横丁入り口に架かる看板の文字は西が藤山寛美、東は3代目桂春団治のものであり、大阪を愛した両氏の思いが込められている。また小料理屋「正弁丹吾亭」の前に「行き暮れてここが思案の善哉かな」の織田作之助の碑がある。“法善寺横丁”は道頓堀と並び、数多くの昭和歌謡史に残される場所なのだ。
専念法師が寛永14年に建てた『法善寺』は阿弥陀如来を本尊に持つ浄土宗のお寺だ。昭和20年3月13日の大阪大空襲で、六堂伽藍が焼失するもののお不動さんだけが焼けずに残り現在に至っている。
浄土宗天龍山法善寺の境内の露店から発展し、明治から昭和の初期にかけては寄席の紅梅亭と金沢亭が全盛で、落語を楽しむ人々で賑った法善寺横丁は『夫婦善哉』でも当時の風習が描かれている。映画のラストで、父の葬儀には参列した柳吉と蝶子が法善寺境内の「めおとぜんざい」へ行き、ぜんざいを食すシーンは有名。

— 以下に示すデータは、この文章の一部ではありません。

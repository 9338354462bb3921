-- ===== src/Status/Cluster/Updates.antt =====
-- What the functions that write a job to the cluster (pkg/context/status.go) call.
use di_orchestrator.Base.{
  ℕ, suc, ◌≡◌, refl, ◌∙◌, Bool, true, false, set, if◌then◌else◌, Option, none, some, List, [], ◌∷◌,
  ◌⊎◌, inl, inr, get_elem?,
}
use di_orchestrator.Kube.{NamespacedName}
use di_orchestrator.Job.{DiJob, DiJobStatus, Task}
use di_orchestrator.Machine.{
  Error, State, Action, Api, Call, pure, crash, logged, send_error, attempt, modify_job, ◌>>=◌,
}
use di_orchestrator.Machine.Poll.{PollLaw}
use di_orchestrator.Machine.Along.{
  Preorder, pure-IsAlong, lift-IsAlong, lift_error-IsAlong, bind-IsAlong, if-IsAlong,
  attempt-IsAlong, poll-IsAlong, Adds, Adds-same, Adds-trans, Adds-order,
}
use di_orchestrator.Status.{with_status}
use di_orchestrator.Status.Cluster.{
  key_of, get_job, update_job, update_status, succeeds, write_status, copy_phase,
  update_phase_in_cluster, needs_name, named, rename_task, default_names, default_round,
  set_default_job_name_in_cluster, with_tasks,
}

-- A call that reads the job, writes it or its status, or records an event.
abbrev pub IsUpdate : Call → Type 0
IsUpdate (Call.get_job _) = Unit
IsUpdate (Call.update_job _) = Unit
IsUpdate (Call.update_status _) = Unit
IsUpdate (Call.event _ _ _) = Unit
IsUpdate _ = ⊥

-- Such calls alone were made, and the handler's job stays.
abbrev pub Updates : State → State → Type 0
Updates s t = Adds IsUpdate s t × (t.job ≡ s.job)

Updates-order : Preorder Updates
Updates-order = record {
  same = λ s. (Adds-same refl, refl);
  trans = λ h k. (Adds-trans h.0 k.0, k.1 ∙ h.1);
}

logged-Updates : (c : Call) (s : State) → IsUpdate c → Updates s (logged c s)
logged-Updates c s h = (record { added = c ∷ []; calls_now = refl; only = (h, tt) }, refl)

abbrev IsUpdater : {A : Type 0} → Action A → Type 0
IsUpdater m = (s : State) → Updates s (m s).1

get_job-IsUpdater : (api : Api) (key : NamespacedName) → IsUpdater (get_job api key)
get_job-IsUpdater api key s =
    Updates-order.trans (logged-Updates (Call.get_job key) s tt)
      (lift-IsAlong Updates-order (api.get_job s.calls key) (logged (Call.get_job key) s))

send_error-IsUpdater :
    (c : Call) (answer : List Call → Option Error) → IsUpdate c → IsUpdater (send_error c answer)
send_error-IsUpdater c answer h s =
    Updates-order.trans (logged-Updates c s h)
      (lift_error-IsAlong Updates-order (answer s.calls) (logged c s))

succeeds-IsUpdater : (m : Action (Unit {0})) → IsUpdater m → IsUpdater (succeeds m)
succeeds-IsUpdater m h =
    bind-IsAlong Updates-order (attempt m) by_result (attempt-IsAlong Updates-order m h) each
  where
    by_result : Error ⊎ Unit {0} → Action Bool
    by_result r = elim r [ inl _ ↦ pure false | inr _ ↦ pure true ]

    each : (r : Error ⊎ Unit {0}) → IsUpdater (by_result r)
    each (inl e) = pure-IsAlong Updates-order false
    each (inr a) = pure-IsAlong Updates-order true

write_status-IsUpdater :
    (api : Api) (key : NamespacedName) (edit : DiJobStatus → DiJobStatus)
    → IsUpdater (write_status api key edit)
unfolding write_status
write_status-IsUpdater api key edit =
    bind-IsAlong Updates-order (attempt (get_job api key)) by_result
      (attempt-IsAlong Updates-order (get_job api key) (get_job-IsUpdater api key)) each
  where
    by_result : Error ⊎ DiJob → Action Bool
    by_result r = elim r [
      | inl _ ↦ pure false
      | inr new_job ↦ succeeds (update_status api (with_status edit new_job))
    ]

    each : (r : Error ⊎ DiJob) → IsUpdater (by_result r)
    each (inl e) = pure-IsAlong Updates-order false
    each (inr new_job) =
        succeeds-IsUpdater (update_status api (with_status edit new_job))
          (send_error-IsUpdater _ _ tt)

pub update_phase_in_cluster-Updates :
    (api : Api) (old new : DiJob) (s : State)
    → PollLaw api
    → Updates s (update_phase_in_cluster api old new s).1
unfolding update_phase_in_cluster
update_phase_in_cluster-Updates api old new s law =
    if-IsAlong Updates-order _ _ _ (pure-IsAlong Updates-order tt)
      (poll-IsAlong Updates-order api (write_status api (key_of new) (copy_phase new.status)) law
        (write_status-IsUpdater api (key_of new) (copy_phase new.status)))
      s

-- The names of tasks, which the handler's job is given too.
abbrev IsAdder : {A : Type 0} → Action A → Type 0
IsAdder m = (s : State) → Adds IsUpdate s (m s).1

rename_task-IsAdder : (index : ℕ) (task : Task) → IsAdder (rename_task index task)
unfolding rename_task
rename_task-IsAdder index task s = go (get_elem? s.job.spec.tasks index)
  where
    by_place : Option Task → Action (Unit {0})
    by_place o = elim o [
      | none ↦ crash
      | some old ↦
          modify_job (with_tasks (set s.job.spec.tasks index (record old { name = task.type })))
    ]

    go : (o : Option Task) → Adds IsUpdate s (by_place o s).1
    go none = Adds-same refl
    go (some old) = Adds-same refl

default_names-IsAdder : (index : ℕ) (tasks : List Task) → IsAdder (default_names index tasks)
unfolding default_names
default_names-IsAdder index [] = λ s. Adds-same refl
default_names-IsAdder index (task ∷ tasks) =
    bind-IsAlong (Adds-order IsUpdate) (if needs_name task then rename_task index task else pure tt)
      _
      (if-IsAlong (Adds-order IsUpdate) (needs_name task) (rename_task index task) (pure tt)
        (rename_task-IsAdder index task) (pure-IsAlong (Adds-order IsUpdate) tt))
      (λ x.
        bind-IsAlong (Adds-order IsUpdate) (default_names (suc index) tasks)
          (λ rest. pure (named task ∷ rest)) (default_names-IsAdder (suc index) tasks)
          (λ rest. pure-IsAlong (Adds-order IsUpdate) (named task ∷ rest)))

default_round-IsAdder : (api : Api) (key : NamespacedName) → IsAdder (default_round api key)
unfolding default_round
default_round-IsAdder api key =
    bind-IsAlong (Adds-order IsUpdate) (attempt (get_job api key)) by_result
      (λ s. (attempt-IsAlong Updates-order (get_job api key) (get_job-IsUpdater api key) s).0) each
  where
    write : DiJob → List Task → Action Bool
    write new_job tasks = succeeds (update_job api (with_tasks tasks new_job))

    by_result : Error ⊎ DiJob → Action Bool
    by_result r = elim r [
      | inl _ ↦ pure false
      | inr new_job ↦ default_names 0 new_job.spec.tasks >>= write new_job
    ]

    each : (r : Error ⊎ DiJob) → IsAdder (by_result r)
    each (inl e) = pure-IsAlong (Adds-order IsUpdate) false
    each (inr new_job) =
        bind-IsAlong (Adds-order IsUpdate) (default_names 0 new_job.spec.tasks) (write new_job)
          (default_names-IsAdder 0 new_job.spec.tasks)
          (λ tasks s.
            (succeeds-IsUpdater (update_job api (with_tasks tasks new_job))
              (send_error-IsUpdater _ _ tt) s).0)

pub set_default_job_name_in_cluster-Adds :
    (api : Api) (s : State)
    → PollLaw api
    → Adds IsUpdate s (set_default_job_name_in_cluster api s).1
unfolding set_default_job_name_in_cluster
set_default_job_name_in_cluster-Adds api s law =
    poll-IsAlong (Adds-order IsUpdate) api (default_round api (key_of s.job)) law
      (default_round-IsAdder api (key_of s.job)) s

雪の散らつく中、法善寺横丁を肩寄せ合って歩く二人が『法善寺』に軽く手を合わせるシーンは何とも温かみのある美しいシーンだった。現在でも法善寺にお参りし、斜向いのぜんざいやに入る観光客が多い。また柳吉と喧嘩をした蝶子がライスカレーを食べる“せんば自由軒”も近所の灘波に本店を構えており、是非一度名物カレーを味わっていただきたい。